Every year, the city government spends millions of dollars on the Carnival, puts more than 7,000 additional policemen on the streets, stations ambulances and doctors at many places across the city, and involves an army of volunteers to make sure nothing goes wrong. “Carnival is a good time to show our expertise in managing big crowds. We like to involve the revellers, the government and the city residents to make it successful,” said Antonio de Mello, Rio’s tourism secretary who launched a ‘Love to Rio, Love to Carnival’ campaign last week.
Without everyone’s cooperation, it won’t work at all. The world associates the Rio carnival with the two-day samba parade, but the real — and much bigger — action happens on the city streets in the form of parties called blocos. Free and informal, the blocos are neighbourhood parties where people turn up with their drums, booze and trumpets, and they sing and dance for hours and days. Anyone can organise a bloco anywhere, provided that they have permission from the city government.
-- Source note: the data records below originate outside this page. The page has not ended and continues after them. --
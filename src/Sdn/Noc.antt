-- ===== src/Sdn/Noc.antt =====
-- The state of the circuit-switched routers that a controller keeps, of
-- applications/MAN_app/SDN_includes/noc_manager.h. Arrays are functions of their indices, and a
-- `char` or `short` entry is its bit pattern; the dimensions, build parameters, are fields.
use mmemphis.Base.{
  ℕ, ◌+◌, ◌-◌, Bool, true, false, ◌&&◌, ◌||◌, Option, none, some, ltb, leb, ◌==◌, if◌then◌else◌,
}
use Prim.Native.Nat.{bit_or}

abbrev pub east : ℕ
east = 0

abbrev pub west : ℕ
west = 1

abbrev pub north : ℕ
north = 2

abbrev pub south : ℕ
south = 3

abbrev pub local_out : ℕ
local_out = 4

abbrev pub local_in : ℕ
local_in = 5

abbrev pub port_number : ℕ
port_number = 6

-- The `char` -1: the port is free.
abbrev pub no_port : ℕ
no_port = 255

-- An array of x, y, subnet and port.
abbrev pub Ports : Type 0
Ports = ℕ → ℕ → ℕ → ℕ → ℕ

pub record Noc : Type 0 where
  pub sdn_xcluster : ℕ
  pub sdn_ycluster : ℕ
  pub sdn_x_cluster_num : ℕ
  pub sdn_y_cluster_num : ℕ
  pub cs_nets : ℕ
  pub cs_inport : Ports
  pub cluster_border_input : Ports
  pub cluster_border_output : Ports
  pub available_controllers : ℕ → ℕ → ℕ → ℕ
  pub max_x_border_occuptation : ℕ
  pub max_y_border_occuptation : ℕ
  pub max_grid_x : ℕ
  pub max_grid_y : ℕ
  pub is_global_search : Bool

unfoldable pub enable_global_routing : Noc → Noc
enable_global_routing c = record c {
  max_grid_x = c.sdn_x_cluster_num;
  max_grid_y = c.sdn_y_cluster_num;
  is_global_search = true;
}

unfoldable pub enable_local_routing : Noc → Noc
enable_local_routing c = record c {
  max_grid_x = c.sdn_xcluster;
  max_grid_y = c.sdn_ycluster;
  is_global_search = false;
}

abbrev pub write : Ports → ℕ → ℕ → ℕ → ℕ → ℕ → Ports
write a x y s p v x' y' s' p' =
    if x' == x && y' == y && s' == s && p' == p then v else a x' y' s' p'

-- The `switch` of the global search; a port that is no border falls through it.
unfoldable pub border_free : Noc → ℕ → ℕ → ℕ → ℕ → ℕ → ℕ → Option Bool
border_free c sx sy tx ty input mp =
    if input == east
    then some (
        ltb (bit_or (c.cluster_border_output sx sy mp west) (c.cluster_border_input tx ty mp east))
          c.max_y_border_occuptation)
    else (if input == west
        then some (
            ltb
              (bit_or (c.cluster_border_output sx sy mp east)
                (c.cluster_border_input tx ty mp west))
              c.max_y_border_occuptation)
        else (if input == north
            then some (
                ltb
                  (bit_or (c.cluster_border_output sx sy mp south)
                    (c.cluster_border_input tx ty mp north))
                  c.max_x_border_occuptation)
            else (if input == south
                then some (
                    ltb
                      (bit_or (c.cluster_border_output sx sy mp north)
                        (c.cluster_border_input tx ty mp south))
                      c.max_x_border_occuptation)
                else none)))

-- The coordinates are not negative here: `neighbour` of `Hadlock` drops those that are.
unfoldable pub is_element_reachable : Noc → ℕ → ℕ → ℕ → ℕ → ℕ → ℕ → Bool
is_element_reachable c sx sy tx ty input mp =
    let free_port = c.cs_inport tx ty mp input == no_port in
    let global : Bool =
      if c.available_controllers tx ty mp == 0
      then false
      else elim (border_free c sx sy tx ty input mp) [ some b ↦ b | none ↦ free_port ] in
    if leb c.max_grid_x tx || leb c.max_grid_y ty
    then false
    else (if c.is_global_search then global else free_port)

-- `|a - b|` of two coordinates.
abbrev pub distance : ℕ → ℕ → ℕ
distance a b = if ltb a b then b - a else a - b

unfoldable pub manhattan : ℕ → ℕ → ℕ → ℕ → ℕ
manhattan xi yi xj yj = distance xi xj + distance yi yj
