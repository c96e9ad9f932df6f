-- ===== src/Writer/Data.antt =====
-- The records that are written to the database (src/domain/models.rs). A text is its UTF-8 bytes,
-- but for the name of a script type and a status; a floating-point number is its 64 bits.
use Prim.Native.String.{String}
use bitcoin_chain_graph.Common.{ℕ, Bool, List, Option}
use bitcoin_chain_graph.Common.Int.{ℤ}

abbrev pub Text : Type 0
Text = List ℕ

pub record BlockData : Type 0 where
  pub height : ℕ
  pub hash : Text
  pub previous_hash : Text
  pub merkle_root : Text
  pub timestamp : ℤ
  pub bits : Text
  pub difficulty : ℕ
  pub nonce : ℕ
  pub version : ℤ
  pub tx_count : ℕ
  pub size : ℕ
  pub weight : ℕ

pub record TransactionData : Type 0 where
  pub txid : Text
  pub block_height : ℕ
  pub block_hash : Text
  pub timestamp : ℤ
  pub version : ℤ
  pub locktime : ℕ
  pub size : ℕ
  pub vsize : ℕ
  pub weight : ℕ
  pub is_coinbase : Bool
  pub total_input : Option ℕ
  pub total_output : Option ℕ
  pub fee : Option ℕ

pub record OutputData : Type 0 where
  pub output_id : Text
  pub output_index : ℕ
  pub txid : Text
  pub amount : ℕ
  pub script_pubkey : Text
  pub script_type : String
  pub address : Option Text

pub record InputData : Type 0 where
  pub input_id : Text
  pub input_index : ℕ
  pub txid : Text
  pub previous_txid : Text
  pub previous_output_index : ℕ
  pub script_sig : Text
  pub sequence : ℕ
  pub witness : List Text
  pub block_height : ℕ

pub record CheckpointData : Type 0 where
  pub last_processed_height : ℤ
  pub last_processed_hash : Text
  pub last_processed_file : Text
  pub last_processed_file_offset : Option ℕ
  pub timestamp : ℤ
  pub status : String

pub record PerformsData : Type 0 where
  pub from_address : Text
  pub to_txid : Text
  pub input_count : ℕ
  pub amount_spent : ℕ

pub record BenefitsToData : Type 0 where
  pub from_txid : Text
  pub to_address : Text
  pub output_count : ℕ
  pub amount_received : ℕ

pub record OutputLookupResult : Type 0 where
  pub output_id : Text
  pub output_index : ℕ
  pub amount : ℕ
  pub script_type : String
  pub address : Option Text
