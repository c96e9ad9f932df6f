-- ===== src/Parser/Bitcoin.antt =====
-- The bitcoin crate as the code uses it: blocks, transactions, inputs, outputs and scripts, by what
-- is read from them. The crate is not part of the repository. A hash or an address that the code
-- turns into a text stands as that text, and `hex::encode` is a field.
use bitcoin_chain_graph.Common.{ℕ, ◌≡◌, Bool, List, Option, length}
use bitcoin_chain_graph.Common.Int.{ℤ}
use bitcoin_chain_graph.Utxo.Key.{Bytes}
use bitcoin_chain_graph.Utxo.OutputId.{TxidText}
use bitcoin_chain_graph.Writer.Data.{Text}

-- An instruction of a script: pushed bytes, an opcode, or one that cannot be read.
pub data Instruction : Type 0 where
  push_bytes : Bytes → Instruction
  op : ℕ → Instruction
  invalid : Instruction

pub record BitcoinCrate : Type 1 where
  pub Block : Type 0
  pub Transaction : Type 0
  pub TxIn : Type 0
  pub TxOut : Type 0
  pub Script : Type 0
  pub Network : Type 0
  pub PublicKey : Type 0
  pub txid_text : TxidText
  -- Of a block, and of its header.
  pub block_hash : Block → Text
  pub txdata : Block → List Transaction
  pub prev_blockhash : Block → Text
  pub merkle_root : Block → Text
  pub time : Block → ℕ
  pub bits : Block → ℕ
  pub nonce : Block → ℕ
  pub block_version : Block → ℤ
  pub block_size : Block → ℕ
  pub block_weight : Block → ℕ
  -- Of a transaction.
  pub txid : Transaction → Bytes
  pub length-txid : (tx : Transaction) → length (txid tx) ≡ 32
  pub is_coinbase : Transaction → Bool
  pub inputs : Transaction → List TxIn
  pub outputs : Transaction → List TxOut
  pub version : Transaction → ℤ
  pub lock_time : Transaction → ℕ
  pub total_size : Transaction → ℕ
  pub vsize : Transaction → ℕ
  pub weight : Transaction → ℕ
  -- Of an input and of an output.
  pub previous_txid : TxIn → Bytes
  pub previous_vout : TxIn → ℕ
  pub script_sig : TxIn → Script
  pub sequence : TxIn → ℕ
  pub witness : TxIn → List Bytes
  pub value : TxOut → ℕ
  pub script_pubkey : TxOut → Script
  -- Of a script. `from_script` is `none` for its error.
  pub to_hex_string : Script → Text
  pub script_len : Script → ℕ
  pub is_op_return : Script → Bool
  pub is_p2pkh : Script → Bool
  pub is_p2sh : Script → Bool
  pub is_witness_program : Script → Bool
  pub witness_version : Script → Option ℕ
  pub instructions : Script → List Instruction
  pub from_script : Script → Network → Option Text
  pub from_slice : Bytes → Option PublicKey
  pub p2pkh : PublicKey → Network → Text
  pub op_checksig : ℕ
  pub hex_encode : Bytes → Text
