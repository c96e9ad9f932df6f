-- ===== src/Parser/Address.antt =====
-- Script types and addresses (src/parser/address.rs): `extract_address`.
pub mod Cases
use bitcoin_chain_graph.Common.{ℕ, Bool, List, [], ◌∷◌, Option, none, some, ◌==◌, if◌then◌else◌}
use bitcoin_chain_graph.Utxo.Key.{Bytes}
use bitcoin_chain_graph.Writer.Data.{Text}
use bitcoin_chain_graph.Parser.Bitcoin.{BitcoinCrate, Instruction, push_bytes, op, invalid}

pub data ScriptType : Type 0 where
  p2pkh p2sh p2wpkh p2wsh p2tr p2pk null_data unknown : ScriptType

-- The address is the text that `to_string` makes of it.
pub record AddressInfo : Type 0 where
  pub address : Option Text
  pub script_type : ScriptType

abbrev pub no_address : ScriptType → AddressInfo
no_address t = record { address = none; script_type = t }

-- `match Address::from_script(…)`: an error makes the type unknown.
unfoldable pub derived : ScriptType → Option Text → AddressInfo
derived t none = no_address unknown
derived t (some addr) = record { address = some addr; script_type = t }

-- The type of a version 0 program, by the length of the script.
unfoldable pub segwit_v0 : ℕ → ScriptType
segwit_v0 len = if len == 22 then p2wpkh else if len == 34 then p2wsh else unknown

module _ (B : BitcoinCrate) where
  open B use {
    Script, Network, from_slice, p2pkh as p2pkh_address, op_checksig, instructions, from_script,
    is_op_return, is_p2pkh, is_p2sh, is_witness_program, witness_version, script_len,
  }

  -- The pushed bytes and the opcode of a script of two instructions.
  unfoldable pub p2pk_of : Network → List Instruction → Option Text
  p2pk_of network (push_bytes bytes ∷ op code ∷ []) =
      if code == op_checksig
      then elim (from_slice bytes) [
        | none ↦ none
        | some pubkey ↦ some (p2pkh_address pubkey network)
      ]
      else none
  p2pk_of network _ = none

  unfoldable pub extract_p2pk_address : Script → Network → Option Text
  unfolding p2pk_of
  extract_p2pk_address script network = p2pk_of network (instructions script)

  -- What is left when no pattern before matches.
  unfoldable pub p2pk_or_unknown : Script → Network → AddressInfo
  unfolding extract_p2pk_address
  p2pk_or_unknown script network = elim (extract_p2pk_address script network) [
    | some address ↦ record { address = some address; script_type = p2pk }
    | none ↦ no_address unknown
  ]

  -- A witness program by its version.
  unfoldable pub witness_address : Script → Network → ℕ → AddressInfo
  unfolding derived segwit_v0
  witness_address script network version =
      if version == 0
      then derived (segwit_v0 (script_len script)) (from_script script network)
      else if version == 1
      then derived p2tr (from_script script network)
      else no_address unknown

  unfoldable pub extract_witness : Script → Network → AddressInfo
  unfolding witness_address p2pk_or_unknown
  extract_witness script network = elim (witness_version script) [
    | some version ↦ witness_address script network version
    | none ↦ p2pk_or_unknown script network
  ]

  unfoldable pub extract_address : Script → Network → AddressInfo
  unfolding derived extract_witness p2pk_or_unknown
  extract_address script network =
      if is_op_return script
      then no_address null_data
      else if is_p2pkh script
      then derived ScriptType.p2pkh (from_script script network)
      else if is_p2sh script
      then derived p2sh (from_script script network)
      else if is_witness_program script
      then extract_witness script network
      else p2pk_or_unknown script network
During the last carnival, almost 500 blocos were sanctioned by the city, with the one in Cinelandia neighbourhood attracting 1.8 million people on one street. “The whole idea of a bloco is to have fun. Nobody creates any trouble. We have volunteers who manage the crowd, keep it moving and coordinate with the police,” said Juliano Moura, one of the organisers of a bloco in the Centro area. “We are in constant touch with the emergency services.”
Rio spends money and energy on making the world’s largest carnival safe and secure. It is the city’s showcase event, which also brings a good amount of money from tourists. This year, Rio attracted 1.2 million tourists. The country as a whole attracted roughly 6.2 million tourists from inside and outside the nation, and generated $2.9 billion in business. Rio, and Brazil, can’t afford a badly organised carnival.
Now, with the city getting ready to host the Fifa World Cup final in 2014 and the Olympic Games in 2016, Rio is working hard to make its crowd management even better. In the run-up to the Confederations Cup in June this year, the city opened a command centre, where hundreds of policemen keep a watch on the whole city through more than 600 cameras and update the public as well as get feedback through the social media.
But the centre is not all about monitoring. It’s a place that integrates the services of 30 agencies from the police to traffic engineers to geologists to the gas and electricity companies. In the main hall of this operations centre, there is a huge screen with a glowing map that changes focus depending on what the dozens of controllers are looking at. The technology and integration makes sure that in case of a crisis the response is quick and seamless. That’s the key to organising the biggest party on this planet.